None of this is to say that schools should be shut down to prevent the spread of pneumonia (an education is worth the risk of infection with pneumonia), or that people should stop taking antibiotics altogether (antibiotics are necessary despite their risks). It is to say that the fear of COVID-19’s chronic impact is inflated when put in the context of other diseases and their treatments. Especially for college students, the long-term risks of COVID-19 are, in all likelihood, relatively low.
The Overlooked Cost of School Closures
School closures—and the resulting toxic combination of social isolation and family pressures —take a devastating toll on students’ mental health and academic performance.

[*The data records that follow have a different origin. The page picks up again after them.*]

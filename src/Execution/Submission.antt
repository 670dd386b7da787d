-- ===== src/Execution/Submission.antt =====
-- services/execution/service.py, `execute_order`: an order is reserved before it is sent, and what
-- was reserved has not been sent before.
use icici_breeze_api_trading.Prelude.{
  ℕ, zero, suc, ◌≤◌, ◌≡◌, refl, inl, inr, not, ◌&&◌, Option, none, some, [], ◌∷◌, ◌++◌, ◌==◌,
  ==_iff, arith, Bool-cases,
}
use icici_breeze_api_trading.Prelude.Int.{pos, ltb_ℤ}
use icici_breeze_api_trading.Prelude.Float.{Float, or_f}
use icici_breeze_api_trading.Prelude.Result.{Result, ok, err}
use icici_breeze_api_trading.Prelude.Action.{
  Action, pure, finish, ◌>>◌, bind_keeps, bind_case, if_keeps,
}
use icici_breeze_api_trading.Contracts.{
  StatusWord, broker_order_event, Text, BrokerOrder, OrderState, approved, submitting, same_state,
}
use icici_breeze_api_trading.Oms.StateMachine.{validate_transition, can_transition}
use icici_breeze_api_trading.Oms.Repository.{Stamp, get_order_by_id, execution_reserved}
use icici_breeze_api_trading.Oms.Service.{
  Oms, publish, mark_order_submitting, reserve_order, save_transition,
}
use icici_breeze_api_trading.Oms.Journal.{save_transition-state}
use icici_breeze_api_trading.Oms.Handlers.{mark_order_submitting-Kept}
use icici_breeze_api_trading.Oms.Past.{IsPast, Past, state_in}
use icici_breeze_api_trading.Execution.Requests.{
  BrokerRequest, BrokerResponse, ExecutionConfig, build_broker_request, normalize_broker_status,
}
use icici_breeze_api_trading.Execution.Service.{
  Placement, Execution, Run, on_oms, report, send_order, submit_reserved, reserve_and_submit,
  publish_fill, answer_update, trade_fill, is_filled_word,
}
use icici_breeze_api_trading.Execution.Single.{
  submissions, submissions-append, IsSingle, on_oms-IsSingle, publish-IsSingle,
}

not_any : (n : ℕ) → (1 ≤ n → ⊥) → n ≡ 0
not_any zero f = refl
not_any (suc n) f = absurd (f (omega arith))

approved_not_past : (x : Option OrderState) → x ≡ some approved → IsPast x → ⊥
approved_not_past none e h = h
approved_not_past (some a) e h = ground arith

module _ {F : Type 0} where
  abbrev reserved : Stamp → BrokerOrder F → BrokerOrder F
  reserved stamp o = record o { status = submitting; updated_at = stamp.now }

  abbrev reservation : Stamp → BrokerOrder F → Action (Oms F) (Unit {0})
  reservation stamp o =
      save_transition (reserved stamp o) (some o.status) submitting execution_reserved stamp

  reserve_order-approved :
      (stamp : Stamp) (o : BrokerOrder F) (s : Oms F)
      → o.status ≡ approved
      → reserve_order stamp (some o) s ≡ (reservation stamp o >> pure (some (reserved stamp o))) s
  unfolding reserve_order validate_transition can_transition
  reserve_order-approved stamp o s e = ground arith

  reservation_case :
      (k : Text) (u : BrokerOrder F) (r : Result (Unit {0})) (s : Oms F)
      {a : Option (BrokerOrder F)}
      → ((w : Unit {0}) → r ≡ ok w → state_in k s ≡ some submitting)
      → (finish r (λ _. pure (some u)) s).0 ≡ ok a
      → (a ≡ some u) × (state_in k (finish r (λ _. pure (some u)) s).1 ≡ some submitting)
  reservation_case k u (ok w) s f h = (ground arith, f w refl)
  reservation_case k u (err e) s f h = cc

  -- An approved order that the reservation returns stands as SUBMITTING.
  reserved_state :
      (stamp : Stamp) (o : BrokerOrder F) (s : Oms F) {a : Option (BrokerOrder F)}
      → o.status ≡ approved
      → (reserve_order stamp (some o) s).0 ≡ ok a
      → (a ≡ some (reserved stamp o))
        × (state_in o.order_id (reserve_order stamp (some o) s).1 ≡ some submitting)
  reserved_state stamp o s {a} e h = rw (reserve_order-approved stamp o s e) (
      reservation_case o.order_id (reserved stamp o) (reservation stamp o s).0
        (reservation stamp o s).1
        (λ w.
          save_transition-state (reserved stamp o) (some o.status) submitting execution_reserved
            stamp s)
        (rw (reserve_order-approved stamp o s e) at h))

  -- An order that was not submitted before, and has left the approved state.
  abbrev IsFresh : Text → Text → Execution F → Type 0
  IsFresh k id s = id ≡ k → (submissions k s.placed ≡ 0) × Past k s.oms

  placed-IsSingle :
      (k : Text) (p : Placement F) (s : Execution F)
      → IsSingle k s
      → IsFresh k p.order_id s
      → IsSingle k (record s { placed = s.placed ++ (p ∷ []) })
  placed-IsSingle k p s h f = elim (Bool-cases (p.order_id == k)) [
    | inl e ↦
        (let (none_yet, gone) = f ((==_iff p.order_id k).0 e) in
          record {
            audited = h.audited;
            once = rw (submissions-append k s.placed p, e, none_yet) (omega arith);
            past = λ _. gone;
          })
    | inr e ↦ record {
      audited = h.audited;
      once = rw (submissions-append k s.placed p, e) (omega (arith, h.once));
      past = λ c. h.past (omega (arith, (rw (submissions-append k s.placed p, e) at c)));
    }
  ]

  -- An order that is still approved was not submitted.
  approved_unsent :
      (k : Text) (s : Execution F)
      → IsSingle k s
      → state_in k s.oms ≡ some approved
      → submissions k s.placed ≡ 0
  approved_unsent k s h e = not_any (submissions k s.placed) (λ c. approved_not_past _ e (h.past c))

  mark_state :
      (stamp : Stamp) (o : BrokerOrder F) (s : Oms F) {a : Option (BrokerOrder F)}
      → get_order_by_id o.order_id s.repo ≡ some o
      → o.status ≡ approved
      → (mark_order_submitting o.order_id stamp s).0 ≡ ok a
      → (a ≡ some (reserved stamp o))
        × (state_in o.order_id (mark_order_submitting o.order_id stamp s).1 ≡ some submitting)
  unfolding mark_order_submitting
  mark_state stamp o s c e h = rw c (reserved_state stamp o s e (rw c at h))

module _ {F : Type 0} ⦃fl : Float F⦄ where
  report-IsSingle :
      (cfg : ExecutionConfig F) (run : Run F) (k : Text) (o : BrokerOrder F)
      (r : Result (BrokerResponse F)) (s : Execution F)
      → IsSingle k s
      → IsSingle k (report cfg run o r s).1
  unfolding report
  report-IsSingle cfg run k o (ok resp) s h =
      bind_keeps (IsSingle k) (on_oms (publish (broker_order_event (answer_update word o resp))))
        (λ _. publish_fill (is_filled_word word && ltb_ℤ (pos 0) resp.filled_quantity) o resp) s
        (publish-IsSingle k _ s h)
        (λ _ t p.
          if_keeps (IsSingle k) (is_filled_word word && ltb_ℤ (pos 0) resp.filled_quantity)
            (on_oms (
              publish (
                trade_fill o resp.filled_quantity resp.filled_quantity
                  (or_f resp.average_price o.price))))
            (pure tt) t (λ _. publish-IsSingle k _ t p) (λ _. p))
    where
      word : StatusWord
      word = normalize_broker_status cfg resp.status
  report-IsSingle cfg run k o (err e) s h = publish-IsSingle k _ s h

  send_order-IsSingle :
      (cfg : ExecutionConfig F) (run : Run F) (k : Text) (o : BrokerOrder F)
      (req : Option (BrokerRequest F)) (s : Execution F)
      → IsSingle k s
      → IsFresh k o.order_id s
      → IsSingle k (send_order cfg run o req s).1
  unfolding send_order
  send_order-IsSingle cfg run k o none s h f = publish-IsSingle k _ s h
  send_order-IsSingle cfg run k o (some req) s h f = report-IsSingle cfg run k o run.answer _ (
      placed-IsSingle k (record { order_id = o.order_id; request = req; mode = o.trading_mode }) s h
        f)

  submit_reserved-IsSingle :
      (cfg : ExecutionConfig F) (run : Run F) (k : Text) (o : BrokerOrder F) (s : Execution F)
      → IsSingle k s
      → IsFresh k o.order_id s
      → IsSingle k (submit_reserved cfg run (some o) s).1
  unfolding submit_reserved
  submit_reserved-IsSingle cfg run k o s h f =
      if_keeps (IsSingle k) (not (same_state o.status submitting)) (pure tt)
        (send_order cfg run o (build_broker_request cfg o)) s (λ _. h)
        (λ _. send_order-IsSingle cfg run k o _ s h f)

  -- The order that an approved order's reservation returns may be sent.
  pub reserve_and_submit-IsSingle :
      (cfg : ExecutionConfig F) (run : Run F) (k : Text) (o : BrokerOrder F) (s : Execution F)
      → get_order_by_id o.order_id s.oms.repo ≡ some o
      → o.status ≡ approved
      → IsSingle k s
      → IsSingle k (reserve_and_submit cfg run o.order_id s).1
  unfolding reserve_and_submit get_order_by_id
  reserve_and_submit-IsSingle cfg run k o s c a h =
      bind_case (IsSingle k) (on_oms (mark_order_submitting o.order_id run.stamp))
        (submit_reserved cfg run) s marked
        (λ t q.
          let (e, state) = mark_state run.stamp o s.oms c a q in
          rw e (
            submit_reserved-IsSingle cfg run k (reserved run.stamp o) _ marked
              (λ i. (approved_unsent k s h (rw (← i, c, a)), rw (← i, state) (omega arith)))))
    where
      marked : IsSingle k (on_oms (mark_order_submitting o.order_id run.stamp) s).1
      marked =
          on_oms-IsSingle k (mark_order_submitting o.order_id run.stamp) s
            (λ P st. mark_order_submitting-Kept st o.order_id run.stamp s.oms) h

Over the past decade, rates of anxiety and depression have skyrocketed among college students, with self-reported cases of severe depression rising 125 percent and cases of moderate-to-severe anxiety rising 92 percent between 2013 and 2018. Extensive psychological research demonstrates that social isolation compounds existing—and contributes to new—psychiatric distress. Long-term effects of social isolation include depression, accelerated cognitive decline, poor cardiovascular function, impaired immunity, and heightened risk of premature death.

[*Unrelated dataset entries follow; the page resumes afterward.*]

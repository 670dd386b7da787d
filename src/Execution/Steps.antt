-- ===== src/Execution/Steps.antt =====
-- The runs of order processing: services/oms/service.py and services/execution/service.py over one
-- database and one bus, each handler as a whole, in any order and with any answers.
use icici_breeze_api_trading.Prelude.{
  ◌≤◌, ◌≡◌, refl, sym, inl, inr, not, ◌&&◌, Option, none, some, List, [], ◌∷◌, if◌then◌else◌, ◌==◌,
  ==_iff, find, arith, Bool-cases, any,
}
use icici_breeze_api_trading.Prelude.Float.{Float}
use icici_breeze_api_trading.Prelude.Members.{find-true}
use icici_breeze_api_trading.Prelude.Action.{pure, bind_keeps, if_keeps}
use icici_breeze_api_trading.Contracts.{Text, BrokerOrder, approved, same_state, same_state-eq}
use icici_breeze_api_trading.LiveGate.{validate_live_order}
use icici_breeze_api_trading.Oms.Repository.{Stamp, has_order_id, get_order_by_id}
use icici_breeze_api_trading.Oms.Journal.{IsAudited}
use icici_breeze_api_trading.Execution.Requests.{ExecutionConfig}
use icici_breeze_api_trading.Execution.Service.{
  Execution, Run, on_oms, reserve_and_submit, start_order, execute_order, recover_orders, fail_safe,
  is_live_exposure, runtime_healthy,
}
use icici_breeze_api_trading.Execution.Single.{
  submissions, IsSingle, on_oms-IsSingle, publish-IsSingle,
}
use icici_breeze_api_trading.Execution.Submission.{reserve_and_submit-IsSingle}
use mathlib.Core.Path.{subst}
use icici_breeze_api_trading.Contracts.{Time, OrderIntent, RiskDecision, BrokerUpdate}
use icici_breeze_api_trading.Oms.Service.{create_order_intent, handle_risk_decision_event}
use icici_breeze_api_trading.Oms.BrokerUpdates.{handle_broker_order_event}
use icici_breeze_api_trading.Oms.Handlers.{
  create_order_intent-Kept, handle_risk_decision_event-Kept, handle_broker_order_event-Kept,
}
use icici_breeze_api_trading.Oms.Repository.{list_orders}
use icici_breeze_api_trading.Execution.Service.{handle_execution_command, recover_approved_orders}
use icici_breeze_api_trading.Execution.Reconcile.{Evidence, reconcile_live_orders}

module _ {F : Type 0} ⦃fl : Float F⦄ where
  start_order-IsSingle :
      (cfg : ExecutionConfig F) (run : Run F) (k id : Text) (r : Option (BrokerOrder F))
      (s : Execution F)
      → find (has_order_id id) s.oms.repo.broker_orders ≡ r
      → IsSingle k s
      → IsSingle k (start_order cfg run id r s).1
  unfolding start_order get_order_by_id
  start_order-IsSingle cfg run k id none s e h = h
  start_order-IsSingle cfg run k id (some o) s e h =
      if_keeps (IsSingle k) (not (same_state o.status approved)) _ _ s (λ _. h)
        (λ c.
          if_keeps (IsSingle k) (is_live_exposure o && not (runtime_healthy run)) _ _ s
            (λ _. publish-IsSingle k _ s h)
            (λ _.
              if_keeps (IsSingle k)
                (is_live_exposure o
                  && not (validate_live_order run.gate_now cfg.live_account_id run.live_gate))
                (fail_safe run.gate_text o) (reserve_and_submit cfg run id) s
                (λ _. publish-IsSingle k _ s h)
                (λ _.
                  reserved id ((==_iff o.order_id id).0 (find-true (has_order_id id) _ e)) e
                    (same_state-eq o.status approved (ground arith)))))
    where
      reserved :
          (j : Text)
          → o.order_id ≡ j
          → find (has_order_id j) s.oms.repo.broker_orders ≡ some o
          → o.status ≡ approved
          → IsSingle k (reserve_and_submit cfg run j s).1
      reserved j i e a = rw (← i) (
          reserve_and_submit-IsSingle cfg run k o s
            (subst (λ x. find (has_order_id x) s.oms.repo.broker_orders ≡ some o) (sym i) e) a h)

  execute_order-IsSingle :
      (cfg : ExecutionConfig F) (run : Run F) (k id : Text) (s : Execution F)
      → IsSingle k s
      → IsSingle k (execute_order cfg run id s).1
  unfolding execute_order get_order_by_id
  execute_order-IsSingle cfg run k id s h = start_order-IsSingle cfg run k id _ s refl h

  recover_orders-IsSingle :
      (cfg : ExecutionConfig F) (runs : Text → Run F) (k : Text) (os : List (BrokerOrder F))
      (s : Execution F)
      → IsSingle k s
      → IsSingle k (recover_orders cfg runs os s).1
  unfolding recover_orders
  recover_orders-IsSingle cfg runs k [] s h = h
  recover_orders-IsSingle cfg runs k (o ∷ os) s h =
      bind_keeps (IsSingle k)
        (if same_state o.status approved
          then execute_order cfg (runs o.order_id) o.order_id
          else pure tt)
        (λ _. recover_orders cfg runs os) s
        (if_keeps (IsSingle k) (same_state o.status approved)
          (execute_order cfg (runs o.order_id) o.order_id) (pure tt) s
          (λ _. execute_order-IsSingle cfg (runs o.order_id) k o.order_id s h) (λ _. h))
        (λ _ t p. recover_orders-IsSingle cfg runs k os t p)

  handle_execution_command-IsSingle :
      (cfg : ExecutionConfig F) (run : Run F) (k id client_id : Text) (s : Execution F)
      → IsSingle k s
      → IsSingle k (handle_execution_command cfg run id client_id s).1
  unfolding handle_execution_command
  handle_execution_command-IsSingle cfg run k id client_id s h =
      elim (Bool-cases (any (λ c. c == client_id) s.processed)) [
        | inl e ↦ rw e h
        | inr e ↦ rw e (
            execute_order-IsSingle cfg run k id (record s { processed = client_id ∷ s.processed })
              (record { audited = h.audited; once = h.once; past = h.past }))
      ]

  reconcile_live_orders-IsSingle :
      (cfg : ExecutionConfig F) (e : Evidence F) (k : Text) (s : Execution F)
      → IsSingle k s
      → IsSingle k (on_oms (reconcile_live_orders cfg e) s).1
  unfolding reconcile_live_orders
  reconcile_live_orders-IsSingle cfg e k s h = record {
    audited = h.audited;
    once = h.once;
    past = h.past;
  }

  -- The entry points that change the database, the bus or the broker's orders. A new order gets an
  -- order id that no order has.
  pub data Step (cfg : ExecutionConfig F) : Execution F → Execution F → Type 0 where
    intent :
        {s : Execution F}
        → (i : OrderIntent F) (client_id order_id : Text) (now : Time) (outbox_id : Text)
          (first second : Stamp)
        → get_order_by_id order_id s.oms.repo ≡ none
        → Step cfg s
            (on_oms (create_order_intent i client_id order_id now outbox_id first second) s).1
    decision :
        {s : Execution F}
        → (d : RiskDecision) (stamp : Stamp)
        → Step cfg s (on_oms (handle_risk_decision_event d stamp) s).1
    update :
        {s : Execution F}
        → (u : BrokerUpdate F) (stamp : Stamp)
        → Step cfg s (on_oms (handle_broker_order_event u stamp) s).1
    command :
        {s : Execution F}
        → (run : Run F) (order_id client_id : Text)
        → Step cfg s (handle_execution_command cfg run order_id client_id s).1
    direct :
        {s : Execution F}
        → (run : Run F) (order_id : Text) → Step cfg s (execute_order cfg run order_id s).1
    recover :
        {s : Execution F}
        → (runs : Text → Run F) → Step cfg s (recover_approved_orders cfg runs s).1
    reconcile :
        {s : Execution F} → (e : Evidence F) → Step cfg s (on_oms (reconcile_live_orders cfg e) s).1

  pub data Steps (cfg : ExecutionConfig F) : Execution F → Execution F → Type 0 where
    start : {s : Execution F} → Steps cfg s s
    next : {s t u : Execution F} → Step cfg s t → Steps cfg t u → Steps cfg s u

  Step-IsSingle :
      {cfg : ExecutionConfig F} {s t : Execution F} (k : Text)
      → Step cfg s t
      → IsSingle k s
      → IsSingle k t
  unfolding recover_approved_orders
  Step-IsSingle k (intent {s} i client_id order_id now outbox_id first second fresh) h =
      on_oms-IsSingle k (create_order_intent i client_id order_id now outbox_id first second) s
        (λ P st p.
          create_order_intent-Kept st i client_id order_id now outbox_id first second s.oms p fresh)
        h
  Step-IsSingle k (decision {s} d stamp) h =
      on_oms-IsSingle k (handle_risk_decision_event d stamp) s
        (λ P st. handle_risk_decision_event-Kept st d stamp s.oms) h
  Step-IsSingle k (update {s} u stamp) h =
      on_oms-IsSingle k (handle_broker_order_event u stamp) s
        (λ P st. handle_broker_order_event-Kept st u stamp s.oms) h
  Step-IsSingle {cfg} k (command {s} run id client_id) h =
      handle_execution_command-IsSingle cfg run k id client_id s h
  Step-IsSingle {cfg} k (direct {s} run id) h = execute_order-IsSingle cfg run k id s h
  Step-IsSingle {cfg} k (recover {s} runs) h =
      recover_orders-IsSingle cfg runs k (list_orders 500 s.oms.repo) s h
  Step-IsSingle {cfg} k (reconcile {s} e) h = reconcile_live_orders-IsSingle cfg e k s h

  Steps-IsSingle :
      {cfg : ExecutionConfig F} {s t : Execution F} (k : Text)
      → Steps cfg s t
      → IsSingle k s
      → IsSingle k t
  Steps-IsSingle k start h = h
  Steps-IsSingle k (next p ps) h = Steps-IsSingle k ps (Step-IsSingle k p h)

  -- From a state that has sent nothing and whose journal is true of its orders, however new
  -- intents, risk decisions, broker updates, execution commands, direct executions, recoveries and
  -- reconciliations follow one another, each as a whole and with any answers of the broker, no
  -- order is sent to the broker more than once.
  pub at_most_one_submission :
      {cfg : ExecutionConfig F} {s t : Execution F} (k : Text)
      → Steps cfg s t
      → IsAudited s.oms.repo
      → s.placed ≡ []
      → submissions k t.placed ≤ 1
  at_most_one_submission {s} k p h e =
      (Steps-IsSingle k p (record {
        audited = h;
        once = rw e (omega arith);
        past = λ c. absurd (omega (arith, (rw e at c)));
      })).once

A recent survey already bears out such research in the context of COVID-19; after many schools closed, less than 40 percent of adolescents in California rated their mental wellness to be the same as pre-pandemic levels. The CDC also reported in June that younger adults were experiencing “disproportionately worse mental health outcomes, increased substance use, and elevated suicidal ideation,” in response to the pandemic. The impact of this widespread emotional distress is beginning to manifest as drug overdoses; overdose rates among young adults have doubled over the last year.

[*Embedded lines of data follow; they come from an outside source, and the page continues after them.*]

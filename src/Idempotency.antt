-- ===== src/Idempotency.antt =====
-- services/api_gateway/idempotency.py: the table of idempotency keys, and the wrapper that executes
-- a mutating command under a key. The command acts on a world of its own; a body is stored and read
-- back by JSON, and stands as the JSON value itself.
pub mod Rows
pub mod Runs
pub mod Replay
use icici_breeze_api_trading.Prelude.{
  ℕ, ◌+◌, Bool, true, false, not, Option, none, some, List, [], ◌∷◌, ◌++◌, ltb, ◌==◌, if◌then◌else◌,
  find, map, keep,
}
use icici_breeze_api_trading.Prelude.Result.{Error, Result, ok, err}
use icici_breeze_api_trading.Contracts.{Text, Time, AuditEvent, idempotency_mismatch}

pub data RecordStatus : Type 0 where
  in_progress completed : RecordStatus

-- A row of `idempotency_records`; the stored headers are never used again.
pub record IdempotencyRecord (R : Type 0) : Type 0 where
  pub idempotency_key : Text
  pub user_id : Text
  pub request_path : Text
  pub request_hash : Text
  pub status : RecordStatus
  pub response_code : Option ℕ
  pub response_body : Option R
  pub created_at : Time
  pub expires_at : Time

pub data Claim (R : Type 0) : Type 0 where
  claimed mismatch executing : Claim R
  replayed : Option ℕ → Option R → Claim R

-- What the caller of a command sees: a response, marked where it is replayed, an `HTTPException`
-- with its status, or the exception of the command.
pub data Reply (R : Type 0) : Type 0 where
  response : ℕ → Option R → Bool → Reply R
  refused : ℕ → Reply R
  raised : Error → Reply R

pub record Request : Type 0 where
  pub idempotency_key : Option Text
  pub user_id : Text
  pub path : Text
  -- `compute_request_hash` of the user, the method, the path and the body.
  pub request_hash : Text
  pub ttl_microseconds : ℕ

pub record Gateway (W R : Type 0) : Type 0 where
  pub records : List (IdempotencyRecord R)
  pub audit : List AuditEvent
  pub world : W

module _ {R : Type 0} where
  abbrev pub has_key : Text → IdempotencyRecord R → Bool
  has_key k r = r.idempotency_key == k

  abbrev pub new_claim : Text → Request → Time → IdempotencyRecord R
  new_claim key q now = record {
    idempotency_key = key;
    user_id = q.user_id;
    request_path = q.path;
    request_hash = q.request_hash;
    status = in_progress;
    response_code = none;
    response_body = none;
    created_at = now;
    expires_at = now + q.ttl_microseconds;
  }

  -- `INSERT … ON CONFLICT(idempotency_key) DO UPDATE`, which takes every column over.
  abbrev pub put_record :
      IdempotencyRecord R → List (IdempotencyRecord R) → List (IdempotencyRecord R)
  put_record row [] = row ∷ []
  put_record row (r ∷ rs) =
      if r.idempotency_key == row.idempotency_key then row ∷ rs else r ∷ put_record row rs

  unfoldable pub release_claim : Text → List (IdempotencyRecord R) → List (IdempotencyRecord R)
  release_claim key = keep (λ r. not (has_key key r))

  abbrev pub evaluate_record :
      IdempotencyRecord R
      → Text
      → Request
      → Time
      → List (IdempotencyRecord R)
      → Claim R × List (IdempotencyRecord R)
  evaluate_record r key q now rows =
      if ltb r.expires_at now
      then (claimed, put_record (new_claim key q now) (release_claim key rows))
      else if not (r.request_hash == q.request_hash)
      then (mismatch, rows)
      else elim r.status [
        | completed ↦ (replayed r.response_code r.response_body, rows)
        | in_progress ↦ (executing, rows)
      ]

  abbrev pub claim_row :
      Option (IdempotencyRecord R)
      → Text
      → Request
      → Time
      → List (IdempotencyRecord R)
      → Claim R × List (IdempotencyRecord R)
  claim_row none key q now rows = (claimed, put_record (new_claim key q now) rows)
  claim_row (some r) key q now rows = evaluate_record r key q now rows

  unfoldable pub claim_or_get :
      Text → Request → Time → List (IdempotencyRecord R) → Claim R × List (IdempotencyRecord R)
  unfolding release_claim
  claim_or_get key q now rows = claim_row (find (has_key key) rows) key q now rows

  abbrev pub complete_row : Text → ℕ → R → IdempotencyRecord R → IdempotencyRecord R
  complete_row key code body r =
      if has_key key r
      then record r { status = completed; response_code = some code; response_body = some body }
      else r

  unfoldable pub save_completion :
      Text → ℕ → R → List (IdempotencyRecord R) → List (IdempotencyRecord R)
  save_completion key code body = map (complete_row key code body)

  unfoldable pub cleanup_expired : Time → List (IdempotencyRecord R) → List (IdempotencyRecord R)
  cleanup_expired now = keep (λ r. not (ltb r.expires_at now))

abbrev pub code_or_200 : Option ℕ → ℕ
code_or_200 none = 200
code_or_200 (some c) = if c == 0 then 200 else c

abbrev or_empty : Option Text → Text
or_empty none = 0
or_empty (some k) = k

abbrev key_given : Option Text → Bool
key_given none = false
key_given (some k) = not (k == 0)

-- What is done with the value of a command, each step of which may raise: `jsonable_encoder`, then
-- `json.dumps` and the transaction that stores the text, then `JSONResponse`, of null for no body.
pub record Web (A R : Type 0) : Type 0 where
  pub encode : A → Result R
  pub dump : R → Result (Unit {0})
  pub render : Option R → Result (Unit {0})

module _ {R : Type 0} where
  abbrev replay_stored : Option ℕ → Option R → Result (Unit {0}) → Reply R
  replay_stored code body (ok _) = response (code_or_200 code) body true
  replay_stored code body (err e) = raised e

  abbrev respond_direct : R → Result (Unit {0}) → Reply R
  respond_direct body (ok _) = response 200 (some body) false
  respond_direct body (err e) = raised e

module _ {A R : Type 0} (web : Web A R) where
  abbrev encode_direct : Result R → Reply R
  encode_direct (ok body) = respond_direct body (web.render (some body))
  encode_direct (err e) = raised e

module _ {W A R : Type 0} (web : Web A R) where
  -- The exception goes on, and the key is given back.
  abbrev pub abandon : Text → Error → Gateway W R → Reply R × Gateway W R
  abandon key e g = (raised e, record g { records = release_claim key g.records })

  abbrev pub respond_claim : Text → R → Result (Unit {0}) → Gateway W R → Reply R × Gateway W R
  respond_claim key body (ok _) g = (response 200 (some body) false, g)
  respond_claim key body (err e) g = abandon key e g

  abbrev pub store_claim : Text → R → Result (Unit {0}) → Gateway W R → Reply R × Gateway W R
  store_claim key body (ok _) g =
      respond_claim key body (web.render (some body))
        (record g { records = save_completion key 200 body g.records })
  store_claim key body (err e) g = abandon key e g

  abbrev pub complete_claim : Text → Result R → Gateway W R → Reply R × Gateway W R
  complete_claim key (ok body) g = store_claim key body (web.dump body) g
  complete_claim key (err e) g = abandon key e g

  -- The command has run under its claim.
  abbrev pub finish_claimed : Text → Result A × W → Gateway W R → Reply R × Gateway W R
  finish_claimed key (ok a, w) g = complete_claim key (web.encode a) (record g { world = w })
  finish_claimed key (err e, w) g = abandon key e (record g { world = w })

  abbrev pub answer_claim :
      Text → (W → Result A × W) → Claim R → Gateway W R → Reply R × Gateway W R
  answer_claim key command (replayed code body) g = (replay_stored code body (web.render body), g)
  answer_claim key command executing g = (refused 409, g)
  answer_claim key command mismatch g =
      (refused 422, record g { audit = g.audit ++ (idempotency_mismatch ∷ []) })
  answer_claim key command claimed g = finish_claimed key (command g.world) g

  abbrev run_direct : Result A × W → Gateway W R → Reply R × Gateway W R
  run_direct (ok a, w) g = (encode_direct web (web.encode a), record g { world = w })
  run_direct (err e, w) g = (raised e, record g { world = w })

  -- With a key; `is_valid` is the regular expression of keys.
  unfoldable pub execute_keyed :
      (Text → Bool)
      → Text
      → Request
      → Time
      → (W → Result A × W)
      → Gateway W R
      → Reply R × Gateway W R
  unfolding claim_or_get save_completion release_claim
  execute_keyed is_valid key q now command g =
      if not (is_valid key)
      then (refused 400, g)
      else let (claim, rows) = claim_or_get key q now g.records in
        answer_claim key command claim (record g { records = rows })

  unfoldable pub execute_idempotent_command :
      (Text → Bool) → Request → Time → (W → Result A × W) → Gateway W R → Reply R × Gateway W R
  unfolding execute_keyed
  execute_idempotent_command is_valid q now command g =
      if key_given q.idempotency_key
      then execute_keyed is_valid (or_empty q.idempotency_key) q now command g
      else run_direct (command g.world) g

Besides mental health, the shift to online education disproportionately impacts low-income students. Often, they do not have reliable access to the technology needed for virtual classes. Many have no choice but to rely on old laptops or tablets sporting damaged hardware, ancient software, and withering batteries. Inconsistent internet access and limitations on cellular data usage only compound these problems. In addition, when these students return home, some will be confronted with homelessness, hunger, abuse, and family responsibilities like babysitting siblings. Succeeding academically is nearly impossible when repeatedly faced with such unpredictable, traumatic, and taxing circumstances.
The consequences of these disparities can already be seen. Placed at an academic disadvantage relative to their peers, lower-income students at Arizona State University are 55 percent more likely than higher-income students to delay graduation; in fact, the gap between these students’ expected GPAs has nearly doubled since the start of the pandemic.
There are risks to reopening. Many students will become infected, some students will be hospitalized, and some may even die. However, in the grand scheme of things, COVID-19 likely will not be any more harmful to college students than other diseases. By any reasonable standard, the enormous risk posed by school closures to students’ mental well-being and academic success outweighs the small health risk COVID-19 poses to them. Barring the widespread transmission of COVID-19 to susceptible populations on campus or in the surrounding community, colleges should remain open.